Witness LA's Celeste Fremon reminds everyone how we got to this point:

In February of this year, the former sheriff pleaded guilty to one count of lying to federal officials having to do with an FBI investigation into corruption and brutality by deputies inside the sheriff’s department-run LA County jail system—an investigation that, according to the government, Baca, his former undersheriff, Paul Tanaka, and others attempted to thwart.

Specifically, Baca admitted that he lied to the FBI and members of the U.S. Attorney’s Office during a round of questioning on April 12, 2013. At that time, among other denials by Baca, the former sheriff falsely claimed ignorance of the fact that, in 2011, two LASD sergeants were going to approach FBI special agent, Leah Marx, and threaten her with arrest, hoping to get information about the feds’ rapidly expanding investigation.

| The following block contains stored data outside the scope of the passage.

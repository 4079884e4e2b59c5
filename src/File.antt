-- ===== src/File.antt =====
-- Files with buffers, src/qp_file.c: the functions on the write buffer, those on the read buffer being in
-- Read. A buffer is the list of its bytes, `none` for NULL. `stat` and the file's own offset, which
-- only the system reads, are left out.
pub mod Buffer
pub mod Write
pub mod Turned
pub mod Written
pub mod Safe
pub mod Close
pub mod Read
pub mod Ahead
pub mod Reads
mod Tests
use qphi.Common.{
  ℕ, zero, suc, ◌+◌, ◌-◌, ◌^◌, Bool, true, false, not, ◌||◌, List, [], ◌∷◌, ◌++◌, Option, none,
  some, ◌==◌, if◌then◌else◌, take, drop, length, ltb, leb, u64, ℤ, pos, negsuc, minus_one,
  is_minus_one, pos_part,
}

-- The fields `fd`, `is_inited` and `is_aio` are the descriptor's.
pub record FileInfo : Type 0 where
  pub fd : ℤ
  pub is_inited : Bool
  pub is_aio : Bool
  pub is_direct_io : Bool
  pub wrbuf : Option (List ℕ)
  pub rdbuf : Option (List ℕ)
  pub wrbuf_size : ℕ
  pub rdbuf_size : ℕ
  pub wrbuf_offset : ℕ
  pub wrbuf_offsetlast : ℕ
  pub rdbuf_offset : ℕ
  pub rdbuf_offsetlast : ℕ

-- What a call returns, the file, and the bytes that the kernel has taken.
pub record Result : Type 0 where
  pub ret : ℤ
  pub file : FileInfo
  pub out : List ℕ

-- A call is over, or still waits for the kernel, or has called memcpy where that is undefined: outside a
-- buffer, with NULL, or on two ranges that overlap.
pub data Outcome : Type 0 where
  ends : Result → Outcome
  waits : Outcome
  fault : Outcome

-- `a - b` of a `size_t`
abbrev pub minus : ℕ → ℕ → ℕ
minus a b = if leb b a then a - b else u64 (2 ^ 64 + a - b)

-- The `n` bytes of a buffer from `at` on.
abbrev pub peek : Option (List ℕ) → (at n : ℕ) → Option (List ℕ)
peek none at n = none
peek (some buf) at n = if leb (at + n) (length buf) then some (take n (drop at buf)) else none

-- The buffer with the bytes from `at` on.
abbrev pub poke : Option (List ℕ) → (at : ℕ) → List ℕ → Option (List ℕ)
poke none at bytes = none
poke (some buf) at bytes =
    if leb (at + length bytes) (length buf)
    then some (take at buf ++ (bytes ++ drop (at + length bytes) buf))
    else none

abbrev pub is_null : Option (List ℕ) → Bool
is_null none = true
is_null (some buf) = false

-- What is left of the buffer after the kernel took `ret` bytes of it is copied to the front. The two ranges
-- overlap when more is left than was taken.
unfoldable pub shift : (ret : ℕ) → FileInfo → Option FileInfo
shift ret f =
    let f1 = record f { wrbuf_offset = minus f.wrbuf_offsetlast ret } in
    if f1.wrbuf_offset == 0
    then some f1
    else if ltb ret f1.wrbuf_offset
    then none
    else elim (peek f1.wrbuf ret f1.wrbuf_offset) [
      | none ↦ none
      | some rest ↦ elim (poke f1.wrbuf 0 rest) [
        | none ↦ none
        | some buf ↦ some (record f1 { wrbuf = some buf })
      ]
    ]

-- After the call of `write`, if there was one.
unfoldable pub flushed : (ret : ℤ) → FileInfo → (out : List ℕ) → Outcome
unfolding shift
flushed (pos zero) f out = ends (record { ret = pos zero; file = f; out = out })
flushed (negsuc n) f out = ends (record { ret = negsuc n; file = f; out = out })
flushed (pos (suc k)) f out = elim (shift (suc k) f) [
  | none ↦ fault
  | some f2 ↦
      ends (record { ret = pos (minus f2.wrbuf_size f2.wrbuf_offset); file = f2; out = out })
]

-- `answer` is what `write` returns.
unfoldable pub flush : (answer : ℤ) → (full : Bool) → FileInfo → (out : List ℕ) → Outcome
unfolding flushed
flush answer full f out = elim f.wrbuf [
  | none ↦ ends (record { ret = minus_one; file = f; out = out })
  | some buf ↦
      (let f1 = record f { wrbuf_offsetlast = if full then f.wrbuf_size else f.wrbuf_offset } in
        if f.is_direct_io
        then flushed answer f1 (out ++ take (pos_part answer) (take f1.wrbuf_offsetlast buf))
        else flushed (pos 0) f1 out)
]

-- The rest of the bytes fits.
unfoldable pub put : (bytes : List ℕ) → FileInfo → (out : List ℕ) → Outcome
put bytes f out = elim (poke f.wrbuf f.wrbuf_offset bytes) [
  | none ↦ fault
  | some buf ↦ ends (record {
    ret = pos (length bytes);
    file = record f {
      wrbuf = some buf;
      wrbuf_offsetlast = f.wrbuf_offset;
      wrbuf_offset = u64 (f.wrbuf_offset + length bytes);
    };
    out = out;
  })
]

-- The buffer is filled with the first bytes.
unfoldable pub fill : (bytes : List ℕ) → FileInfo → Option FileInfo
fill bytes f =
    let room = minus f.wrbuf_size f.wrbuf_offset in
    elim (peek (some bytes) 0 room) [
      | none ↦ none
      | some part ↦ elim (poke f.wrbuf f.wrbuf_offset part) [
        | none ↦ none
        | some buf ↦
            some (record f {
              wrbuf = some buf;
              wrbuf_offsetlast = f.wrbuf_offset;
              wrbuf_offset = room;
            })
      ]
    ]

-- A write of `total` bytes, of which `bytes` are left.
unfoldable pub write_loop :
    (answers : List ℤ) (total : ℕ) (bytes : List ℕ) → FileInfo → (out : List ℕ) → Outcome
unfolding put fill flush
write_loop [] total bytes f out =
    if ltb (u64 (f.wrbuf_offset + length bytes)) f.wrbuf_size
    then put bytes f out
    else elim (fill bytes f) [ none ↦ fault | some f1 ↦ waits ]
write_loop (a ∷ answers) total bytes f out =
    if ltb (u64 (f.wrbuf_offset + length bytes)) f.wrbuf_size
    then put bytes f out
    else elim (fill bytes f) [
      | none ↦ fault
      | some f1 ↦
          (let rest = drop f1.wrbuf_offset bytes in
            elim (flush a true f1 out) [
              | waits ↦ waits
              | fault ↦ fault
              | ends r ↦ elim (length rest == 0) [
                | true ↦ ends (record r { ret = pos total })
                | false ↦ elim (ltb 0 (pos_part r.ret)) [
                  | true ↦ write_loop answers total rest r.file r.out
                  | false ↦ ends r
                ]
              ]
            ])
    ]

-- The bytes that can be read at `vptr`.
abbrev pub source : Option (List ℕ) → List ℕ
source none = []
source (some bytes) = bytes

-- `answers` are those of the kernel to `write`, and `aio` what qp_fd_aio_write returns. `vptr` points to
-- `len` bytes, or is NULL, from which both branches of the loop first copy.
unfoldable pub write :
    (answers : List ℤ) (aio : ℤ) (vptr : Option (List ℕ)) → FileInfo → (out : List ℕ) → Outcome
unfolding write_loop
write answers aio vptr f out =
    if not f.is_inited
    then ends (record { ret = minus_one; file = f; out = out })
    else if f.is_direct_io
    then elim vptr [ none ↦ fault | some bytes ↦ write_loop answers (length bytes) bytes f out ]
    else if f.is_aio
    then ends (record { ret = aio; file = f; out = out })
    else elim answers [
      | [] ↦ waits
      | a ∷ rest ↦ ends (record { ret = a; file = f; out = out ++ take (pos_part a) (source vptr) })
    ]

-- The loop of qp_file_close.
unfoldable pub drain : (answers : List ℤ) → FileInfo → (out : List ℕ) → Outcome
unfolding flush
drain [] f out = waits
drain (a ∷ answers) f out = elim (flush a false f out) [
  | waits ↦ waits
  | fault ↦ fault
  | ends r ↦ elim (ltb 0 (pos_part r.ret)) [ true ↦ drain answers r.file r.out | false ↦ ends r ]
]

-- `answer` is what `close` returns.
unfoldable pub file_close : (answers : List ℤ) (answer : ℤ) → FileInfo → (out : List ℕ) → Outcome
unfolding drain
file_close answers answer f out =
    if is_minus_one f.fd
    then ends (record { ret = minus_one; file = f; out = out })
    else elim (if is_null f.wrbuf || f.wrbuf_offset == 0
        then ends (record { ret = pos 0; file = f; out = out })
        else drain answers f out) [
          | waits ↦ waits
          | fault ↦ fault
          | ends r ↦
              ends (record { ret = answer; file = record (r.file) { fd = minus_one }; out = r.out })
        ]

-- The size of the buffer, 0 for none, and the buffer that the caller may fill.
unfoldable pub get_writebuf : FileInfo → ℕ × Option (List ℕ)
get_writebuf f =
    if not f.is_inited || not f.is_direct_io then (0, none) else (f.wrbuf_size, f.wrbuf)

unfoldable pub get_readbuf : FileInfo → ℕ × Option (List ℕ)
get_readbuf f = if not f.is_inited || not f.is_direct_io then (0, none) else (f.rdbuf_size, f.rdbuf)

-- The caller's own bytes in the buffer go out.
unfoldable pub direct_write : (answer : ℤ) (len : ℕ) → FileInfo → (out : List ℕ) → Outcome
direct_write answer len f out =
    if not f.is_inited
    then ends (record { ret = minus_one; file = f; out = out })
    else elim (peek f.wrbuf 0 len) [
      | none ↦ fault
      | some bytes ↦
          ends (record { ret = answer; file = f; out = out ++ take (pos_part answer) bytes })
    ]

If all efforts fail to find a resolution to the plea deal standoff, then a trial becomes the only option. And that will mean additional charges, according to [Baca attorney] Zweiback, who said that the prosecutors had indicated that they would definitely add a charge of obstruction of justice and likely conspiracy to obstruct justice, the same two charges of which former LA County undersheriff Paul Tanaka was convicted. Anderson also presided over that trial, and sentenced Tanaka to five years in a federal prison. (Tanaka’s conviction has been appealed to the Ninth Circuit, thus he remains out of prison at this time)

Zweiback, a former assistant U.S. attorney has been with his client through the lengthy plea process.

On Monday, however, in advance of a possible trial, he was joined by a new team member, attorney Nathan Hochman, who was the Assistant Attorney General for the US Department of Justice’s Tax Division, and also served as an Assistant U.S. Attorney for the Criminal Division of the Central District of California.